Твардовский без глянца - стр. 49
Александр Трифонович Твардовский.В записи А. И. Кондратовича:
«Я ведь не стихолюб. Я стихи не люблю. Можно сказать, что я стихоненавистник. И это пришло ко мне не сейчас. Я и в молодости стихи не любил. Одно время даже думал бросить это никчемное занятие…» [3; 354]
Федор Александрович Абрамов:
«Твардовский все собирался засесть за прозу. В минуты откровенности он даже признавался (или так выходило из его разговоров), что к прозе он еще не подготовлен (хотя уже был прозаик) и что занятия прозой будут конечным звеном его писательской биографии. ‹…›
Твардовский был прозаиком и поэтом с самого начала одновременно». [12; 268]
Владимир Яковлевич Лакшин:
«В последние годы, почти ежедневно видясь с Александром Трифоновичем – в редакции или дома, я знал, что им давно задумана большая прозаическая вещь, что-то вроде автобиографической повести о своем детстве и юности, о близких, об отце.
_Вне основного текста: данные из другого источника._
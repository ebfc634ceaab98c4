-- ===== src/Wal/Writer.antt =====
-- `LogWriter`: records are buffered, handed to the device by `Flush`, and made durable by `Sync`.
use iron_ledger.Common.{ℕ, ◌+◌, List, [], ◌∷◌, length}
use iron_ledger.Device.World.{World, world_write, world_sync}
use iron_ledger.Wal.Record.{encode_record}

pub record LogWriter : Type 0 where
  pub buffer : List ℕ
  pub tail : ℕ
  pub buffered_records : ℕ

-- LogWriter(dev, start_offset)
abbrev pub open_at : ℕ → LogWriter
open_at start = record { buffer = []; tail = start; buffered_records = 0 }

abbrev pub next_lsn : LogWriter → ℕ
next_lsn w = w.tail + length w.buffer

-- Append: the writer with the record buffered, and its lsn.
unfoldable pub append : ℕ → List ℕ → LogWriter → LogWriter × ℕ
append type payload w =
    let lsn = next_lsn w in
    (
      record w {
        buffer = encode_record w.buffer lsn type payload;
        buffered_records = w.buffered_records + 1;
      },
      lsn,
    )

-- The test `buffer_.empty()` of `Flush` is the pattern.
unfoldable pub flush_buffer : List ℕ → LogWriter → World → LogWriter × World
flush_buffer [] w world = (w, world)
flush_buffer (b ∷ bs) w world = (
  record { buffer = []; tail = w.tail + length w.buffer; buffered_records = 0 },
  world_write w.tail w.buffer world,
)

-- Flush
unfoldable pub flush : LogWriter → World → LogWriter × World
flush w world = flush_buffer w.buffer w world

-- Sync
unfoldable pub sync_log : LogWriter → World → LogWriter × World
sync_log w world = let (w', world') = flush w world in (w', world_sync world')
Но известно мне было только название „Пан Твардовский“, и больше ничего не мог бы сказать я, пожалуй, об этой его работе. ‹…›
В „рабочих тетрадях“ Твардовского нашлось немало указаний на этот неосуществленный замысел: планов, подготовительных записей, уговоров самому себе приступить, наконец, к давно задуманной работе. ‹…›
Перелистываю его тетради и вижу: Твардовский то и дело возвращается к мысли о большой прозе, ходит вокруг нее, как вокруг заколдованного места, передумывает старые планы, сочиняет новые, воскрешает в памяти полузабытые подробности детских лет, пытается восстановить на бумаге топографическую схему отцовского „имения“ – пустоши Столпово. Но снова и снова откладывает „на потом“ этот дорогой ему сюжет». [4; 111–113]
Александр Трифонович Твардовский.Из дневника:
«30.XII.1953
И если мне нужен был в дело какой-нибудь пастушечий прутик, клок пахучего сена, какой-нибудь изгиб лесной тропинки, какая-нибудь штуковина из обихода, птица или рыба, изделие материнских или отцовских рук, занятный случай, песня, шутка, присловье или одно доброе словечко – я все это, не задумываясь, брал оттуда, из моей главной книги, которую я знал с любой страницы. И это тем более было удобно, что заметить этого заимствования никто не мог, так как книга оставалась ненаписанной и была известна только мне. И меня нередко хвалили: смотрите, какой у него язык, какие описания, какие детали быта и т. д. И невдомек было, откуда все это у меня. Другое дело, если бы книга была написана и напечатана. ‹…›
А в более поздние годы я вдруг подумал: что, если я мою главную книгу так-таки и растаскал на кусочки? А примусь за нее, и окажется, что и одно, и другое, и пятое, и десятое уже рассказано мною. И уже окажется так, что я из своих выпущенных ранее вещей „сдираю“, окажется, что книга списана с самого себя.